═══ Task material
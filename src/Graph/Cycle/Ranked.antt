-- ===== src/Graph/Cycle/Ranked.antt =====
-- When the cycle check succeeds.
use nazh.Base.{
  ℕ, zero, suc, ◌≤◌, ◌<◌, ◌≡◌, ◌↔◌, refl, sym, ◌∙◌, ap, String, List, [], ◌∷◌, ◌++◌, if◌then◌else◌,
  ◌==◌, inl, inr, ◌⊎◌, All-get, length, arith, Bool-cases,
}
use nazh.Graph.Types.{WorkflowEdge, GraphError, value_cyclic}
use nazh.Graph.Classify.{ClassifiedEdges}
use nazh.Graph.Topology.{keys, Degrees, zeros, drain}
use nazh.Graph.Topology.Count.{occurs, occurs_full, length-le}
use nazh.Graph.Topology.Waiting.{IsTopological}
use nazh.Graph.Topology.Drain.{is_free}
use nazh.Graph.Topology.Correct.{drained, drained_lem, ordered_once, length-keys}
use nazh.Graph.Cycle.{add_names, consume, non_exec_cycle, detect_non_exec_edge_cycle}
use nazh.Graph.Cycle.Names.{names, add_all, add_names-add_all, consume-drain}
use nazh.Graph.Cycle.Tally.{unique_keys, add_all-IsCollected, add_all-Joined}
use nazh.Graph.Cycle.Positions.{
  IsRanked, IsRanked-of, Joined-get, position, unseen_source, source_before,
}

module _ (es : List WorkflowEdge) where
  abbrev collected : Degrees
  collected = add_all es ([], [])

  abbrev ids : List String
  ids = keys collected.0

  abbrev run : List String × List String
  run = drained collected.0 (unique_keys es) es (λ l. l) (λ u l. refl) collected

  run_lem :
      (run.0 ≡ [])
      × IsTopological es [] run.1
      × ((u : String) → occurs u run.1 ≡ is_free ids es run.1 u)
  run_lem =
      drained_lem collected.0 (unique_keys es) es (λ l. l) (λ u l. refl) collected
        (add_all-IsCollected es)

  once : (u : String) → occurs u run.1 ≤ occurs u ids
  once =
      ordered_once collected.0 (unique_keys es) es (λ l. l) (λ u l. refl) collected
        (add_all-IsCollected es)

  rank_of_full : length run.1 ≡ length collected.0 → IsRanked (λ u. position u run.1) es
  unfolding occurs
  rank_of_full full =
      let same = occurs_full run.1 ids once (omega (arith, full, length-keys collected.0)) in
      IsRanked-of _ es λ i e listed.
        let (source, target) = Joined-get ids es i e (add_all-Joined es ([], [])) listed in
        source_before es i e [] run.1 listed run_lem.1 refl (omega (arith, target, same e.to))

  module _ (rank : String → ℕ) (ranked : IsRanked rank es) where
    reached : (n : ℕ) (u : String) → rank u < n → 0 < occurs u ids → 0 < occurs u run.1
    reached zero u below there = absurd (omega arith)
    reached (suc n) u below there = elim (Bool-cases (occurs u run.1 == 0)) [
      | inr seen ↦ ground (arith, seen)
      | inl unseen ↦
          let (i, e, listed, target, source) =
            unseen_source es run.1 u (ground (arith, run_lem.2 u, unseen, there)) in
          let lower = All-get (λ f. rank f.from < rank f.to) es i e ranked listed in
          let (source_there, _) = Joined-get ids es i e (add_all-Joined es ([], [])) listed in
          let found = reached n e.from (omega (arith, below, lower, ap rank target)) source_there in
          absurd (omega (arith, found, source))
    ]

    full_of_rank : length run.1 ≡ length collected.0
    full_of_rank =
        let all : (u : String) → occurs u ids ≤ occurs u run.1 =
          λ u. ground (arith, unique_keys es u, reached (suc (rank u)) u (omega arith)) in
        omega (arith, length-le ids run.1 all, length-le run.1 ids once, length-keys collected.0)

  same_maps : add_names es ([], []) ≡ (collected.0, names collected.1)
  unfolding names
  same_maps = add_names-add_all es ([], [])

  emptied : let d = add_names es ([], []) in (consume (length d.0) d.1 d.0 (zeros d.0) 0).0 ≡ []
  emptied =
      ap (λ d. (consume (length d.0) d.1 d.0 (zeros d.0) 0).0) same_maps
      ∙ ap (λ r. r.0)
          (consume-drain (length collected.0) collected.1 collected.0 (zeros collected.0) [] 0 refl)
      ∙ run_lem.0

  same_count :
      let d = add_names es ([], []) in (consume (length d.0) d.1 d.0 (zeros d.0) 0).1 ≡ length run.1
  same_count =
      ap (λ d. (consume (length d.0) d.1 d.0 (zeros d.0) 0).1) same_maps
      ∙ ap (λ r. r.1)
          (consume-drain (length collected.0) collected.1 collected.0 (zeros collected.0) [] 0 refl)

equal_iff :
    (a b : ℕ)
    → (◌≡◌ {A = GraphError ⊎ Unit {0}} (if a == b then inr tt else inl value_cyclic) (inr tt))
      ↔ (a ≡ b)
equal_iff a b = (λ h. ground (arith, h), λ h. ground (arith, h))

no_edges : length (run []).1 ≡ length (collected []).0
unfolding add_all drain zeros
no_edges = refl

finished_iff :
    (es : List WorkflowEdge)
    → (non_exec_cycle es ≡ inr tt) ↔ (length (run es).1 ≡ length (collected es).0)
unfolding non_exec_cycle
finished_iff [] = (λ h. no_edges, λ h. refl)
finished_iff (e ∷ es) =
    let total = ap (λ d. length d.0) (same_maps (e ∷ es)) in
    let test = equal_iff _ _ in
    (
      λ h. sym (same_count (e ∷ es)) ∙ test.0 h ∙ total,
      λ h. test.1 (same_count (e ∷ es) ∙ h ∙ sym total),
    )

-- The `while` loop of `detect_non_exec_edge_cycle` stops with an empty queue within as many rounds as there are nodes, and the check
-- succeeds exactly if some rank of the nodes grows along every data and every reactive edge, that is,
-- if these edges have no cycle.
pub accepted_iff_IsRanked :
    (c : ClassifiedEdges)
    → let es = c.data_edges ++ c.reactive_edges in
      let d = add_names es ([], []) in
      ((consume (length d.0) d.1 d.0 (zeros d.0) 0).0 ≡ [])
      × ((detect_non_exec_edge_cycle c ≡ inr tt) ↔ ((rank : String → ℕ) × IsRanked rank es))
unfolding detect_non_exec_edge_cycle
accepted_iff_IsRanked c =
    let es = c.data_edges ++ c.reactive_edges in
    let (full, success) = finished_iff es in
    (
      emptied es,
      (
        λ h. ((λ u. position u (run es).1), rank_of_full es (full h)),
        λ (rank, ranked). success (full_of_rank es rank ranked),
      ),
    )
══════
- [Aim of the task]: Take the lines above from the one containing "let (source_there, _)" down to the one containing "ap (λ r. r.0)", and transcribe them exactly, both ends included.

- [Problem solution]:
          let (source_there, _) = Joined-get ids es i e (add_all-Joined es ([], [])) listed in
          let found = reached n e.from (omega (arith, below, lower, ap rank target)) source_there in
          absurd (omega (arith, found, source))
    ]

    full_of_rank : length run.1 ≡ length collected.0
    full_of_rank =
        let all : (u : String) → occurs u ids ≤ occurs u run.1 =
          λ u. ground (arith, unique_keys es u, reached (suc (rank u)) u (omega arith)) in
        omega (arith, length-le ids run.1 all, length-le run.1 ids once, length-keys collected.0)

  same_maps : add_names es ([], []) ≡ (collected.0, names collected.1)
  unfolding names
  same_maps = add_names-add_all es ([], [])

  emptied : let d = add_names es ([], []) in (consume (length d.0) d.1 d.0 (zeros d.0) 0).0 ≡ []
  emptied =
      ap (λ d. (consume (length d.0) d.1 d.0 (zeros d.0) 0).0) same_maps
      ∙ ap (λ r. r.0)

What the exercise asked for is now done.